Within the material below, transcribe exactly the lines from the one holding "wait_at k w c none = (c, none)" through the one holding "mem-middle i (x", keeping both ends and skipping the rest.
(DATASET RECORDS)
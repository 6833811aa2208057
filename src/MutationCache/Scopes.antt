-- ===== src/MutationCache/Scopes.antt =====
-- The scope gate: who may run a mutation of one scope, and how a parked one is woken.
use rs_query.Base.{
  ℕ, suc, ◌-◌, ◌≤◌, ◌<◌, ◌≡◌, refl, ap, sym, subst, ◌∙◌, Bool, true, false, Option, none, some,
  Text, text_eq, text_eq_iff, text_eq_self, ◌==◌, ◌||◌, List, [], ◌∷◌, ◌++◌, arith, if◌then◌else◌,
}
use rs_query.Watch
use rs_query.Watch.{Watcher}
use rs_query.MutationCache.{
  MutationCacheEntry, MutationCache, Scoped, put_scope, new_cache, allot_id, queue_in_scope,
  push_entry, add, update, remove, mark_running, mark_finished, notify_scope, subscribe_scope,
  run_next, can_run,
}

-- `release_scope` of src/mutation.rs, for a mutation that was let in.
abbrev pub leave : Text → MutationCache → MutationCache
leave k c = (run_next k (mark_finished k c)).0

can_run-add :
    (k : Text) (e : MutationCacheEntry) (c : MutationCache) → can_run k (add e c).0 ≡ can_run k c
unfolding can_run add allot_id queue_in_scope push_entry
can_run-add k e c = grind (arith, text_eq_iff)

can_run-update :
    (k : Text) (id : ℕ) (f : MutationCacheEntry → MutationCacheEntry) (c : MutationCache)
    → can_run k (update id f c).0 ≡ can_run k c
unfolding can_run update
can_run-update k id f c = ground arith

can_run-remove : (k : Text) (id : ℕ) (c : MutationCache) → can_run k (remove id c).0 ≡ can_run k c
unfolding can_run remove
can_run-remove k id c = grind (arith, text_eq_iff)

can_run-notify : (k j : Text) (c : MutationCache) → can_run k (notify_scope j c) ≡ can_run k c
unfolding can_run notify_scope
can_run-notify k j c = ground arith

can_run-subscribe :
    (k j : Text) (c : MutationCache) → can_run k (subscribe_scope j c).0 ≡ can_run k c
unfolding can_run subscribe_scope
can_run-subscribe k j c = ground arith

can_run-mark :
    (k j : Text) (c : MutationCache)
    → can_run k (mark_running j c) ≡ (if text_eq j k then false else can_run k c)
unfolding can_run mark_running
can_run-mark k j c = ground arith

pub can_run-finish :
    (k j : Text) (c : MutationCache)
    → can_run k (mark_finished j c) ≡ (if text_eq j k then true else can_run k c)
unfolding can_run mark_finished notify_scope
can_run-finish k j c = ground (arith, text_eq_iff j k)

can_run-next : (k j : Text) (c : MutationCache) → can_run k (run_next j c).0 ≡ can_run k c
unfolding can_run run_next notify_scope
can_run-next k j c = ground (arith, text_eq_iff j k)

pub leave-can_run :
    (k j : Text) (c : MutationCache)
    → can_run k (leave j c) ≡ (if text_eq j k then true else can_run k c)
leave-can_run k j c = can_run-next k j (mark_finished j c) ∙ can_run-finish k j c

-- What happens to a cache with `n` mutations of the scope `k` past its gate, and how many there are
-- then. A mutation passes the gate when it sees that it can run and marks the scope in one go, as it
-- does when no other thread runs between the two calls. The cache is not cleared.
pub data Step (k : Text) : ℕ → MutationCache → ℕ → MutationCache → Type 0 where
  enters : (n : ℕ) (c : MutationCache) → can_run k c ≡ true → Step k n c (suc n) (mark_running k c)
  leaves : (n : ℕ) (c : MutationCache) → 0 < n → Step k n c (n - 1) (leave k c)
  others_enter :
      (n : ℕ) (c : MutationCache) (j : Text) → text_eq j k ≡ false → Step k n c n (mark_running j c)
  others_leave :
      (n : ℕ) (c : MutationCache) (j : Text) → text_eq j k ≡ false → Step k n c n (leave j c)
  adds : (n : ℕ) (c : MutationCache) (e : MutationCacheEntry) → Step k n c n (add e c).0
  updates :
      (n : ℕ) (c : MutationCache) (id : ℕ) (f : MutationCacheEntry → MutationCacheEntry)
      → Step k n c n (update id f c).0
  removes : (n : ℕ) (c : MutationCache) (id : ℕ) → Step k n c n (remove id c).0
  subscribes : (n : ℕ) (c : MutationCache) (j : Text) → Step k n c n (subscribe_scope j c).0

pub data Reach (k : Text) : ℕ → MutationCache → Type 0 where
  start : Reach k 0 new_cache
  then_step : {n m : ℕ} {c d : MutationCache} → Reach k n c → Step k n c m d → Reach k m d

-- One mutation at most is past the gate, and the next one can run just when there is none.
pub record Exclusive (k : Text) (n : ℕ) (c : MutationCache) : Type 0 where
  pub at_most_one : n ≤ 1
  pub open_when_free : can_run k c ≡ (n == 0)

Step-Exclusive :
    {k : Text} {n m : ℕ} {c d : MutationCache} → Step k n c m d → Exclusive k n c → Exclusive k m d
Step-Exclusive {k} (enters n c h) x =
    ground (arith, can_run-mark k k c, text_eq_self k, x.at_most_one, x.open_when_free)
Step-Exclusive {k} (leaves n c h) x =
    ground (arith, leave-can_run k k c, text_eq_self k, x.at_most_one, x.open_when_free)
Step-Exclusive {k} (others_enter n c j e) x =
    ground (arith, can_run-mark k j c, x.at_most_one, x.open_when_free)
Step-Exclusive {k} (others_leave n c j e) x =
    ground (arith, leave-can_run k j c, x.at_most_one, x.open_when_free)
Step-Exclusive {k} (adds n c e) x = record {
  at_most_one = x.at_most_one;
  open_when_free = can_run-add k e c ∙ x.open_when_free;
}
Step-Exclusive {k} (updates n c id f) x = record {
  at_most_one = x.at_most_one;
  open_when_free = can_run-update k id f c ∙ x.open_when_free;
}
Step-Exclusive {k} (removes n c id) x = record {
  at_most_one = x.at_most_one;
  open_when_free = can_run-remove k id c ∙ x.open_when_free;
}
Step-Exclusive {k} (subscribes n c j) x = record {
  at_most_one = x.at_most_one;
  open_when_free = can_run-subscribe k j c ∙ x.open_when_free;
}

-- Whatever is added, updated, removed and let in or out: as long as the look at a scope and its mark
-- are one step and the cache is not cleared, at most one mutation of a scope is past its gate, and
-- the gate is open just when there is none.
pub scope-Exclusive : (k : Text) (n : ℕ) (c : MutationCache) → Reach k n c → Exclusive k n c
unfolding new_cache can_run
scope-Exclusive k n c start = record { at_most_one = omega arith; open_when_free = refl }
scope-Exclusive k n c (then_step r s) = Step-Exclusive s (scope-Exclusive k _ _ r)

-- A watcher of the scope `k` that has seen all its releases, of a living cell.
abbrev pub IsCurrent : Text → MutationCache → Watcher → Type 0
IsCurrent k c w =
    (cell : Watch.Shared Bool) × (c.scope_release k ≡ some cell)
    × (cell.version ≡ w.last_seen)
    × (cell.alive ≡ true)

-- A poll of a mutation's watcher at the gate: what it leaves of the cell, and its answer.
abbrev polled :
    Text
    → MutationCache
    → Watch.Shared Bool × Watcher × Watch.Poll
    → MutationCache × Option Watch.Poll
polled k c (cell, w, answer) =
    (record c { scope_release = put_scope k (some cell) c.scope_release }, some answer)

abbrev wait_at :
    Text → Watcher → MutationCache → Option (Watch.Shared Bool) → MutationCache × Option Watch.Poll
wait_at k w c none = (c, none)
wait_at k w c (some cell) = polled k c (Watch.poll_changed cell w)

abbrev pub wait_at_gate : Text → Watcher → MutationCache → MutationCache × Option Watch.Poll
wait_at_gate k w c = wait_at k w c (c.scope_release k)

put_scope_same : {V : Type 0} (k : Text) (v : Option V) (m : Scoped V) → put_scope k v m k ≡ v
put_scope_same k v m = rw (text_eq_self k) refl

abbrev pub mem : ℕ → List ℕ → Bool
mem i [] = false
mem i (j ∷ js) = j == i || mem i js

mem-middle : (i : ℕ) (xs ys : List ℕ) → mem i (xs ++ i ∷ ys) ≡ true
mem-middle i [] ys = ground arith
mem-middle i (x ∷ xs) ys = ground (arith, mem-middle i xs ys)

-- What `mark_finished` does to the release cell.
finish_release :
    (k : Text) (c : MutationCache) (cell : Watch.Shared Bool)
    → c.scope_release k ≡ some cell
    → ((mark_finished k c).scope_release k ≡ some (Watch.send true cell).0)
      × ((mark_finished k c).woken ≡ c.woken ++ (Watch.send true cell).1)
unfolding mark_finished notify_scope
finish_release k c cell e = (ground (arith, text_eq_self k, e), ground (arith, text_eq_self k, e))

-- What a poll at the gate has come to when the scope is then finished.
abbrev IsWoken : Text → Watcher → MutationCache × Option Watch.Poll → Type 0
IsWoken k w (parked, first) =
    let released = mark_finished k parked in
    (first ≡ some Watch.pending)
    × (mem w.id released.woken ≡ true)
    × ((wait_at_gate k w released).1 ≡ some Watch.ready)
    × (can_run k released ≡ true)

-- Of a cell where the watcher is parked.
parked-IsWoken :
    (k : Text) (c : MutationCache) (w : Watcher) (cell : Watch.Shared Bool)
    → c.scope_release k ≡ some (Watch.park w.id cell)
    → cell.version ≡ w.last_seen
    → IsWoken k w (c, some Watch.pending)
unfolding Watch.send Watch.poll_changed Watch.park
parked-IsWoken k c w cell e v =
    let (release, woken) = finish_release k c (Watch.park w.id cell) e in
    let seen : (suc cell.version == w.last_seen) ≡ false = ground (arith, v) in
    (
      refl,
      ap (mem w.id) woken ∙ mem-middle w.id c.woken _,
      ap (λ x. (wait_at k w (mark_finished k c) x).1) release ∙ rw seen refl,
      ground (arith, can_run-finish k k c, text_eq_self k),
    )

-- A mutation that polls its up-to-date watcher at the gate of a scope parks there, and when the scope is
-- finished, its waker is woken, the next poll of its watcher is ready, and the gate is open.
pub gate_wakes :
    (k : Text) (c : MutationCache) (w : Watcher)
    → IsCurrent k c w
    → let (parked, first) = wait_at_gate k w c in
      let released = mark_finished k parked in
      (first ≡ some Watch.pending)
      × (mem w.id released.woken ≡ true)
      × ((wait_at_gate k w released).1 ≡ some Watch.ready)
      × (can_run k released ≡ true)
unfolding Watch.poll_changed
gate_wakes k c w (cell, e, v, alive) =
    let parked : MutationCache = record c {
      scope_release = put_scope k (some (Watch.park w.id cell)) c.scope_release;
    } in
    let same : (cell.version == w.last_seen) ≡ true = ground (arith, v) in
    let answer : Watch.poll_changed cell w ≡ (Watch.park w.id cell, w, Watch.pending) =
      rw (same, alive) refl in
    let first : wait_at_gate k w c ≡ (parked, some Watch.pending) =
      ap (wait_at k w c) e ∙ ap (polled k c) answer in
    subst (IsWoken k w) (sym first)
      (parked-IsWoken k parked w cell (put_scope_same k _ c.scope_release) v)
(End DATASET RECORDS)
RESULT =
wait_at k w c none = (c, none)
wait_at k w c (some cell) = polled k c (Watch.poll_changed cell w)

abbrev pub wait_at_gate : Text → Watcher → MutationCache → MutationCache × Option Watch.Poll
wait_at_gate k w c = wait_at k w c (c.scope_release k)

put_scope_same : {V : Type 0} (k : Text) (v : Option V) (m : Scoped V) → put_scope k v m k ≡ v
put_scope_same k v m = rw (text_eq_self k) refl

abbrev pub mem : ℕ → List ℕ → Bool
mem i [] = false
mem i (j ∷ js) = j == i || mem i js

mem-middle : (i : ℕ) (xs ys : List ℕ) → mem i (xs ++ i ∷ ys) ≡ true
mem-middle i [] ys = ground arith
mem-middle i (x ∷ xs) ys = ground (arith, mem-middle i xs ys)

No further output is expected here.